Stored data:
-- ===== src/Start/Graph.antt =====
-- Every outcome of `Run` before its first pass.
use taskrunner.Prelude.{
  ℕ, ◌≡◌, refl, ◌≢◌, ◌<◌, ◌∙◌, subst, ap, inl, inr, ◌⊎◌, Bool, true, false, Option, none, some,
  List, [], ◌∷◌, Text, arith, Option-cases, In, ◌↔◌, any, Bool-cases,
}
use taskrunner.Task.{Task}
use taskrunner.TaskSet.{TaskExecution, TaskSet, Build, add}
use taskrunner.TaskSet.Closure.{recorded, IsComplete, Added, AddsTask}
use taskrunner.TaskSet.Add.{add-AddsTask, add-Returns, IsRanked, Returns}
use taskrunner.Executor.{root, is_nil, idle}
use taskrunner.Start.{
  Outcome, undefined_task, out_of_fuel, help, hook_errors, started, task_registry, with_help,
  is_help, failing, empty_build, begin, run_names, start,
}
use taskrunner.Start.Fresh.{IsFresh, Freshens, add-Freshens}

abbrev pub IsAdded : (Text → Option ℕ) → TaskSet → Text → Type 0
IsAdded registry s name =
    (t : ℕ) × (l : List ℕ) × (registry name ≡ some t) × (recorded s t ≡ some l)

module _ (definition : ℕ → Task) (registry : Text → Option ℕ) where
  pub record IsGraph (names : List Text) (s : TaskSet) : Type 0 where
    pub complete : IsComplete definition s
    pub fresh : IsFresh s
    pub added : (name : Text) → In name names → IsAdded registry s name

  module _ (rank : ℕ → ℕ) (ranked : IsRanked definition rank) (fuel : ℕ)
      (enough : (name : Text) (t : ℕ) → registry name ≡ some t → rank t < fuel)
      (finish : Build → Outcome) (Q : Outcome → Type 0) where
    run_names_ind :
        (names : List Text) (b : Build)
        → IsComplete definition b.tasks
        → IsFresh b.tasks
        → ((name : Text) → In name names → registry name ≡ none → Q (undefined_task name))
        → ((b' : Build)
            → IsGraph names b'.tasks
            → ((u : ℕ) (l : List ℕ)
                → recorded b.tasks u ≡ some l
                → (m : List ℕ) × (recorded b'.tasks u ≡ some m))
            → Q (finish b'))
        → Q (run_names definition fuel registry finish names b)
    unfolding run_names
    run_names_ind [] b c f undefined finished =
        finished b (record { complete = c; fresh = f; added = λ name i. absurd i })
          (λ u l h. (l, h))
    run_names_ind (name ∷ names) b c f undefined finished = elim (Option-cases (registry name)) [
      | inl e ↦ rw (e, run_names) (undefined name (inl refl) e)
      | inr (t, e) ↦ elim (Option-cases (add definition fuel root t b)) [
        | inl q ↦
            absurd
              (subst Returns q (add-Returns definition rank ranked fuel root t b (enough name t e)))
        | inr ((b₁, deps), q) ↦
            let a : Added definition t b.tasks b₁.tasks deps =
              subst (AddsTask definition t b.tasks) q (add-AddsTask definition fuel root t b c) in
            rw (e, q, run_names)
              (run_names_ind names b₁ a.complete
                (subst Freshens q (add-Freshens definition fuel root t b f))
                (λ n i. undefined n (inr i))
                (λ b' g kept.
                  finished b'
                    (record {
                      complete = g.complete;
                      fresh = g.fresh;
                      added = λ n i. elim i [
                        | inl p ↦ let (m, r) = kept t deps a.found in (t, m, ap registry p ∙ e, r)
                        | inr j ↦ g.added n j
                      ];
                    })
                    (λ u l h. let (m, r) = a.extends u l h in kept u m r)))
      ]
    ]

  -- A task that the visit of the set comes to, is in the set, and was given a help flag.
  abbrev pub IsHelped : (Text → List Text) → List ℕ → TaskSet → ℕ → Type 0
  IsHelped flag_args order s t =
      In t order
      × ((e : TaskExecution) × (s t ≡ some e))
      × (any is_help (flag_args (definition t).name) ≡ true)

  -- What an outcome of `Run` says of its arguments.
  abbrev pub Explains : (Text → List Text) → List ℕ → List Bool → List Text → Outcome → Type 0
  Explains flag_args order hooks names (undefined_task name) =
      In name names × (registry name ≡ none)
  Explains flag_args order hooks names out_of_fuel = ⊥
  Explains flag_args order hooks names (help ts) =
      (s : TaskSet) × IsGraph names s
      × (ts ≢ [])
      × ((t : ℕ) → In t ts ↔ IsHelped flag_args order s t)
  Explains flag_args order hooks names (hook_errors errors) =
      (s : TaskSet) × IsGraph names s
      × (errors ≡ failing 0 hooks)
      × (errors ≢ [])
      × ((t : ℕ) → ¬ (IsHelped flag_args order s t))
  Explains flag_args order hooks names (started x) =
      IsGraph names x.tasks
      × (x.runs ≡ [])
      × (x.plan ≡ idle)
      × (failing 0 hooks ≡ [])
      × ((t : ℕ) → ¬ (IsHelped flag_args order x.tasks t))

  In-with_help :
      (flag_args : Text → List Text) (order : List ℕ) (s : TaskSet) (t : ℕ)
      → In t (with_help definition flag_args order s) ↔ IsHelped flag_args order s t
  unfolding with_help
  In-with_help flag_args [] s t = (λ i. absurd i, λ h. absurd h.0)
  In-with_help flag_args (u ∷ order) s t =
      let (to, back) = In-with_help flag_args order s t in
      elim (Option-cases (s u)) [
        | inl n ↦
            rw (n, with_help)
              (
                λ i. let (m, e, h) = to i in (inr m, e, h),
                λ h. elim h.0 [
                  | inl q ↦ let (e, found) = h.1 in absurd (absent q n e found)
                  | inr m ↦ back (m, h.1, h.2)
                ],
              )
        | inr (x, n) ↦ elim (Bool-cases (any is_help (flag_args (definition u).name))) [
          | inl a ↦
              rw (n, a, with_help)
                (
                  λ i. elim i [
                    | inl q ↦ (
                      inl q,
                      (x, ap s q ∙ n),
                      ap (λ v. any is_help (flag_args (definition v).name)) q ∙ a,
                    )
                    | inr j ↦ let (m, e, h) = to j in (inr m, e, h)
                  ],
                  λ h. elim h.0 [ inl q ↦ inl q | inr m ↦ inr (back (m, h.1, h.2)) ],
                )
          | inr a ↦
              rw (n, a, with_help)
                (
                  λ i. let (m, e, h) = to i in (inr m, e, h),
                  λ h. elim h.0 [
                    | inl q ↦
                        let not_asked =
                          ap (λ v. any is_help (flag_args (definition v).name)) q ∙ a in
                        let asked = h.2 in absurd (ground arith)
                    | inr m ↦ back (m, h.1, h.2)
                  ],
                )
        ]
      ]
    where
      absent : t ≡ u → s u ≡ none → (e : TaskExecution) → s t ≡ some e → ⊥
      absent q n e found = let here = ap s q ∙ n in absurd (ground arith)

  no_help :
      (flag_args : Text → List Text) (order : List ℕ) (s : TaskSet)
      → with_help definition flag_args order s ≡ []
      → (t : ℕ) → ¬ (IsHelped flag_args order s t)
  no_help flag_args order s e t h = subst (In t) e ((In-with_help flag_args order s t).1 h)

nil-cases : (l : List ℕ) → ((is_nil l ≡ true) × (l ≡ [])) ⊎ ((is_nil l ≡ false) × (l ≢ []))
nil-cases [] = inl (refl, refl)
nil-cases (x ∷ l) = inr (refl, λ e. cc)

begin-Explains :
    (definition : ℕ → Task) (registry : Text → Option ℕ) (flag_args : Text → List Text)
    (order : List ℕ) (hooks : List Bool) (names : List Text) (b : Build)
    → IsGraph definition registry names b.tasks
    → Explains definition registry flag_args order hooks names
        (begin definition flag_args order hooks b)
begin-Explains definition registry flag_args order hooks names b g =
    elim (nil-cases (with_help definition flag_args order b.tasks)) [
      | inr (n, e) ↦ rw n (b.tasks, g, e, In-with_help definition registry flag_args order b.tasks)
      | inl (n, e) ↦
          let none_asks = no_help definition registry flag_args order b.tasks e in
          elim (nil-cases (failing 0 hooks)) [
            | inr (m, q) ↦ rw (n, m) (b.tasks, g, refl, q, none_asks)
            | inl (m, q) ↦ rw (n, m) (g, refl, refl, q, none_asks)
          ]
    ]

-- Where the dependencies have no cycle and the fuel is above the rank of every registered task,
-- `Run` has one of four outcomes before its first pass. It reports a name that is not registered.
-- Or all names are registered, and the graph is built: each named task is in the set, and every task of
-- it has recorded exactly the tasks that it needs. Then, if some task of the set was given a help flag,
-- help is shown for exactly those that the visit of the set comes to. Else, if start hooks fail, these
-- are reported. Else the executor starts with that set, and nothing runs.
pub start-Explains :
    (definition : ℕ → Task) (fuel : ℕ) (all : List ℕ) (flag_args : Text → List Text)
    (order : List ℕ) (hooks : List Bool) (names : List Text) (rank : ℕ → ℕ)
    → IsRanked definition rank
    → ((name : Text) (t : ℕ) → task_registry definition all name ≡ some t → rank t < fuel)
    → Explains definition
        (task_registry definition all)
        flag_args
        order
        hooks
        names
        (start definition fuel all flag_args order hooks names)
unfolding start
start-Explains definition fuel all flag_args order hooks names rank ranked enough =
    run_names_ind definition (task_registry definition all) rank ranked fuel enough
      (begin definition flag_args order hooks)
      (Explains definition (task_registry definition all) flag_args order hooks names) names
      empty_build
      (record {
        sound = λ t l h. absurd (ground arith);
        complete = λ t l h. absurd (ground arith);
        registered = λ t l h. absurd (ground arith);
      })
      (λ t. tt) (λ name i e. (i, e))
      (λ b g kept.
        begin-Explains definition (task_registry definition all) flag_args order hooks names b g)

### Task instructions
Among the records above, repeat exactly the line with "(x.runs ≡ [])", the line with "q n e found)", and every line in between, and only those.

### Output of the task
      × (x.runs ≡ [])
      × (x.plan ≡ idle)
      × (failing 0 hooks ≡ [])
      × ((t : ℕ) → ¬ (IsHelped flag_args order x.tasks t))

  In-with_help :
      (flag_args : Text → List Text) (order : List ℕ) (s : TaskSet) (t : ℕ)
      → In t (with_help definition flag_args order s) ↔ IsHelped flag_args order s t
  unfolding with_help
  In-with_help flag_args [] s t = (λ i. absurd i, λ h. absurd h.0)
  In-with_help flag_args (u ∷ order) s t =
      let (to, back) = In-with_help flag_args order s t in
      elim (Option-cases (s u)) [
        | inl n ↦
            rw (n, with_help)
              (
                λ i. let (m, e, h) = to i in (inr m, e, h),
                λ h. elim h.0 [
                  | inl q ↦ let (e, found) = h.1 in absurd (absent q n e found)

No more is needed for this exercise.